What do you believe? What really constitutes infidelity? Can your spouse’s emotional connection with another person be worst than a physical one?
Something to think about…
P.S. Someone told me a really funny joke as I hit record and that’s why I’m laughing. Nothing funny about this topic.
Yvonne Chase is a Dating & Relationship Coach to Singles and Pre-Committed Couples. Learn more about her at her website http://www.yvonnechase.com and be sure to follow her on Twitter@ItsYvonneChase for more engaging conversation.
Dana
You’re a wise woman, Yvonne – I totally agree with all your points. Emotional cheating is much harder to recover from because it is such a deeper connection to break. Thanks for introducing us to Yvonne, Catherine – I will definitely check out what else she has to say!
Kate
My “definition” of cheating is anything that a significant other could walk into a room and you’d say “Oh crap!”. So definitely emotional cheating applies. Thanks for introducing us, Catherine!
Yvonne chase
@Dana…yes…its very difficult to get to the emotional place in a man therefore, if he’s able to go there with someone other than his wife, the marriage is in a lot of trouble I believe. Thanks for watching and commenting.
Yvonne chase
@Catherine…I agree 100% with your definition of cheating. Run on over to my blog to read my thoughts over there. Thanks for your comment.
Sarah
Such a good topic, and important as well! It all starts with the emotional connection, anyone in a committed relationship should guard their emotions diligently. It’s so easy to start comparing your grass to the grass on the other side. Our church pastor said once (on the topic of marriage/relationships) “The grass is greener where you water it.” That really stuck with me and it’s a principle I try to abide by in my own marriage.
Catherine
Sarah, that’s a great point that you pastor made. That will stick with me too!
Yvonne chase
@Sarah…your pastor and I think alike. I say that all the time; “The grass is green where its watered.” I’m writing another post about guarding your marriage. Married people are not aware of the devils tactics.
Yvonne chase
@Sarah….your pastor and I think alike. I always say, “The gas is green where its watered.”
Yvonne chase
hey Catherine,
I need your help…Why is my gravatar not showing in my comment? When I hover over it, it shows but it doesn’t show like yours all the time.
Catherine
hi yvonne, i looked at both my home and work computers and your gravatar shows up each time.
Yvonne chase
It took a while to show up…thanks.
My Name is Jacy
Hmmmm…. this is so very interesting…
I’ve experienced it all (emotional, financial and physical infidelity) and for me, I think it’s all just as equally horrific because it usually revolves around dishonesty. It’s the dishonesty that hurts in places you never knew it would. It’s the ache of knowing what he was *really* doing, while he wasn’t telling me. That’s what was most painful for me– I don’t think one is worse than the other… because in the end, betrayal is betrayal and we all feel the exact same when we’ve been hit by that semi-truck. It’s a sort of pain that is unlike any other. I never knew it possible to feel such defeat as a wife, woman, lover, human being. But thank goodness for the ability we have to overcome, rise above and heal.

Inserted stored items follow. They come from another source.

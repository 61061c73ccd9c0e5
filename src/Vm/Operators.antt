-- ===== src/Vm/Operators.antt =====
-- lib/vm.c: the built-in operations that `vm_run` does itself, and that they agree with lib/builtin.c.
use bhuna.Prelude.{
  ℕ, ◌≡◌, refl, Bool, not, ◌&&◌, ◌||◌, Option, none, some, ◌==◌, if◌then◌else◌, ◌>>=◌,
}
use bhuna.Prelude.Int.{ℤ, pos, ◌+ℤ◌, ◌-ℤ◌, ◌*ℤ◌, quot_ℤ, rem_ℤ, ltb_ℤ, leb_ℤ, eqb_ℤ, is_int}
use bhuna.Value.{Value, integer, boolean, opaque}
use bhuna.Memory.{Memory, activation_get_value}
use bhuna.Builtin.{
  Answer, value, error, answer, type_mismatch, division_by_zero, modulo_by_zero, Function,
  builtin_and, builtin_or, builtin_equ, builtin_neq, builtin_gt, builtin_lt, builtin_gte,
  builtin_lte, builtin_add, builtin_mul, builtin_sub, builtin_div, builtin_mod, int_result, divide,
  modulo, test, on_integers, on_booleans, same, binary,
}

-- The cases of `INDEX_BUILTIN_` with two operands.
pub data Inline : Type 0 where
  and_op or_op equ_op neq_op gt_op lt_op gte_op lte_op : Inline
  add_op mul_op sub_op div_op mod_op : Inline

abbrev mismatch : Option Answer
mismatch = some (error type_mismatch)

abbrev truth_value : Bool → Option Answer
truth_value b = some (value (boolean b))

-- `value_new_integer` of a sum, a difference, a product, a quotient or a remainder. An overflow is
-- undefined.
abbrev new_integer : ℤ → Option Answer
new_integer z = if is_int z then some (value (integer z)) else none

-- An operation on two integers, on two booleans, and on two opaque pointers.
unfoldable pub inline_integers : Inline → ℤ → ℤ → Option Answer
inline_integers and_op l r = mismatch
inline_integers or_op l r = mismatch
inline_integers equ_op l r = truth_value (eqb_ℤ l r)
inline_integers neq_op l r = truth_value (not (eqb_ℤ l r))
inline_integers gt_op l r = truth_value (ltb_ℤ r l)
inline_integers lt_op l r = truth_value (ltb_ℤ l r)
inline_integers gte_op l r = truth_value (leb_ℤ r l)
inline_integers lte_op l r = truth_value (leb_ℤ l r)
inline_integers add_op l r = new_integer (l +ℤ r)
inline_integers mul_op l r = new_integer (l *ℤ r)
inline_integers sub_op l r = new_integer (l -ℤ r)
inline_integers div_op l r =
    if eqb_ℤ r (pos 0) then some (error division_by_zero) else new_integer (quot_ℤ l r)
inline_integers mod_op l r =
    if eqb_ℤ r (pos 0)
    then some (error modulo_by_zero)
    else if is_int (quot_ℤ l r)
    then some (value (integer (rem_ℤ l r)))
    else none

unfoldable pub inline_booleans : Inline → Bool → Bool → Option Answer
inline_booleans and_op l r = truth_value (l && r)
inline_booleans or_op l r = truth_value (l || r)
inline_booleans _ l r = mismatch

unfoldable pub inline_opaques : Inline → ℕ → ℕ → Option Answer
inline_opaques equ_op l r = truth_value (l == r)
inline_opaques _ l r = mismatch

unfoldable pub inline_values : Inline → Value → Value → Option Answer
unfolding inline_integers inline_booleans inline_opaques
inline_values op (integer l) (integer r) = inline_integers op l r
inline_values op (boolean l) (boolean r) = inline_booleans op l r
inline_values op (opaque l) (opaque r) = inline_opaques op l r
inline_values op _ _ = mismatch

-- The case INDEX_BUILTIN_NOT.
unfoldable pub inline_negation : Value → Option Answer
inline_negation (boolean b) = truth_value (not b)
inline_negation _ = mismatch

-- The function that the table `builtins` has for an operation.
abbrev pub builtin_of : Inline → Function
builtin_of and_op = builtin_and
builtin_of or_op = builtin_or
builtin_of equ_op = builtin_equ
builtin_of neq_op = builtin_neq
builtin_of gt_op = builtin_gt
builtin_of lt_op = builtin_lt
builtin_of gte_op = builtin_gte
builtin_of lte_op = builtin_lte
builtin_of add_op = builtin_add
builtin_of mul_op = builtin_mul
builtin_of sub_op = builtin_sub
builtin_of div_op = builtin_div
builtin_of mod_op = builtin_mod

-- What each of them does with its arguments once they are read.
abbrev on_values : Inline → Value → Value → Option Answer
on_values and_op = on_booleans λ a b. test (a && b)
on_values or_op = on_booleans λ a b. test (a || b)
on_values equ_op = same
on_values neq_op = on_integers λ i j. test (not (eqb_ℤ i j))
on_values gt_op = on_integers λ i j. test (ltb_ℤ j i)
on_values lt_op = on_integers λ i j. test (ltb_ℤ i j)
on_values gte_op = on_integers λ i j. test (leb_ℤ j i)
on_values lte_op = on_integers λ i j. test (leb_ℤ i j)
on_values add_op = on_integers λ i j. int_result (i +ℤ j)
on_values mul_op = on_integers λ i j. int_result (i *ℤ j)
on_values sub_op = on_integers λ i j. int_result (i -ℤ j)
on_values div_op = on_integers divide
on_values mod_op = on_integers modulo

builtin_of-binary : (op : Inline) → builtin_of op ≡ binary (on_values op)
unfolding builtin_and builtin_or builtin_equ builtin_neq builtin_gt builtin_lt builtin_gte
    builtin_lte builtin_add builtin_mul builtin_sub builtin_div builtin_mod
builtin_of-binary and_op = refl
builtin_of-binary or_op = refl
builtin_of-binary equ_op = refl
builtin_of-binary neq_op = refl
builtin_of-binary gt_op = refl
builtin_of-binary lt_op = refl
builtin_of-binary gte_op = refl
builtin_of-binary lte_op = refl
builtin_of-binary add_op = refl
builtin_of-binary mul_op = refl
builtin_of-binary sub_op = refl
builtin_of-binary div_op = refl
builtin_of-binary mod_op = refl

on_values-and : (l r : Value) → on_values and_op l r ≡ inline_values and_op l r
unfolding inline_values int_result divide modulo
on_values-and (integer i) (integer j) = refl
on_values-and (boolean a) (boolean b) = refl
on_values-and (opaque q) (opaque q') = refl
on_values-and l r = refl

on_values-or : (l r : Value) → on_values or_op l r ≡ inline_values or_op l r
unfolding inline_values int_result divide modulo
on_values-or (integer i) (integer j) = refl
on_values-or (boolean a) (boolean b) = refl
on_values-or (opaque q) (opaque q') = refl
on_values-or l r = refl

on_values-equ : (l r : Value) → on_values equ_op l r ≡ inline_values equ_op l r
unfolding inline_values int_result divide modulo
on_values-equ (integer i) (integer j) = refl
on_values-equ (boolean a) (boolean b) = refl
on_values-equ (opaque q) (opaque q') = refl
on_values-equ l r = refl

on_values-neq : (l r : Value) → on_values neq_op l r ≡ inline_values neq_op l r
unfolding inline_values int_result divide modulo
on_values-neq (integer i) (integer j) = refl
on_values-neq (boolean a) (boolean b) = refl
on_values-neq (opaque q) (opaque q') = refl
on_values-neq l r = refl

on_values-gt : (l r : Value) → on_values gt_op l r ≡ inline_values gt_op l r
unfolding inline_values int_result divide modulo
on_values-gt (integer i) (integer j) = refl
on_values-gt (boolean a) (boolean b) = refl
on_values-gt (opaque q) (opaque q') = refl
on_values-gt l r = refl

on_values-lt : (l r : Value) → on_values lt_op l r ≡ inline_values lt_op l r
unfolding inline_values int_result divide modulo
on_values-lt (integer i) (integer j) = refl
on_values-lt (boolean a) (boolean b) = refl
on_values-lt (opaque q) (opaque q') = refl
on_values-lt l r = refl

on_values-gte : (l r : Value) → on_values gte_op l r ≡ inline_values gte_op l r
unfolding inline_values int_result divide modulo
on_values-gte (integer i) (integer j) = refl
on_values-gte (boolean a) (boolean b) = refl
on_values-gte (opaque q) (opaque q') = refl
on_values-gte l r = refl

on_values-lte : (l r : Value) → on_values lte_op l r ≡ inline_values lte_op l r
unfolding inline_values int_result divide modulo
on_values-lte (integer i) (integer j) = refl
on_values-lte (boolean a) (boolean b) = refl
on_values-lte (opaque q) (opaque q') = refl
on_values-lte l r = refl

on_values-add : (l r : Value) → on_values add_op l r ≡ inline_values add_op l r
unfolding inline_values int_result divide modulo
on_values-add (integer i) (integer j) = refl
on_values-add (boolean a) (boolean b) = refl
on_values-add (opaque q) (opaque q') = refl
on_values-add l r = refl

on_values-mul : (l r : Value) → on_values mul_op l r ≡ inline_values mul_op l r
unfolding inline_values int_result divide modulo
on_values-mul (integer i) (integer j) = refl
on_values-mul (boolean a) (boolean b) = refl
on_values-mul (opaque q) (opaque q') = refl
on_values-mul l r = refl

on_values-sub : (l r : Value) → on_values sub_op l r ≡ inline_values sub_op l r
unfolding inline_values int_result divide modulo
on_values-sub (integer i) (integer j) = refl
on_values-sub (boolean a) (boolean b) = refl
on_values-sub (opaque q) (opaque q') = refl
on_values-sub l r = refl

on_values-div : (l r : Value) → on_values div_op l r ≡ inline_values div_op l r
unfolding inline_values int_result divide modulo
on_values-div (integer i) (integer j) = refl
on_values-div (boolean a) (boolean b) = refl
on_values-div (opaque q) (opaque q') = refl
on_values-div l r = refl

on_values-mod : (l r : Value) → on_values mod_op l r ≡ inline_values mod_op l r
unfolding inline_values int_result divide modulo
on_values-mod (integer i) (integer j) = refl
on_values-mod (boolean a) (boolean b) = refl
on_values-mod (opaque q) (opaque q') = refl
on_values-mod l r = refl

on_values-inline : (op : Inline) (l r : Value) → on_values op l r ≡ inline_values op l r
on_values-inline and_op l r = on_values-and l r
on_values-inline or_op l r = on_values-or l r
on_values-inline equ_op l r = on_values-equ l r
on_values-inline neq_op l r = on_values-neq l r
on_values-inline gt_op l r = on_values-gt l r
on_values-inline lt_op l r = on_values-lt l r
on_values-inline gte_op l r = on_values-gte l r
on_values-inline lte_op l r = on_values-lte l r
on_values-inline add_op l r = on_values-add l r
on_values-inline mul_op l r = on_values-mul l r
on_values-inline sub_op l r = on_values-sub l r
on_values-inline div_op l r = on_values-div l r
on_values-inline mod_op l r = on_values-mod l r

-- On a record whose first two values are `l` and `r`, each of the 13 operations of the table gives
-- what the virtual machine computes from `l` and `r` in its place, errors and overflow included.
pub builtin_of-inline_values :
    (op : Inline) (p ar : ℕ) (l r : Value) (m : Memory)
    → activation_get_value (some ar) 0 0 m ≡ some l
    → activation_get_value (some ar) 1 0 m ≡ some r
    → builtin_of op p ar m ≡ (inline_values op l r >>= λ a. some (answer p a m))
builtin_of-inline_values op p ar l r m e f =
    rw (builtin_of-binary op, e, ◌>>=◌, f, on_values-inline op l r) refl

That’s the journey I’ve find myself on.
Love this post. I’m new here… but wanted to chime in and say thanks. Fabulous guest post- can’t wait to read more 😉
Much love,
Jacy
Catherine
Jacy, thank you for stopping by. I agree with you that it all boils down to being honest and genuine with your partner.
Yvonne chase
Hi Jacy,
sorry you went through that. I agree with you 100%, betrayal is betrayal. Hugs to you as you overcome, rise above and heal. You can do it. You’re a woman!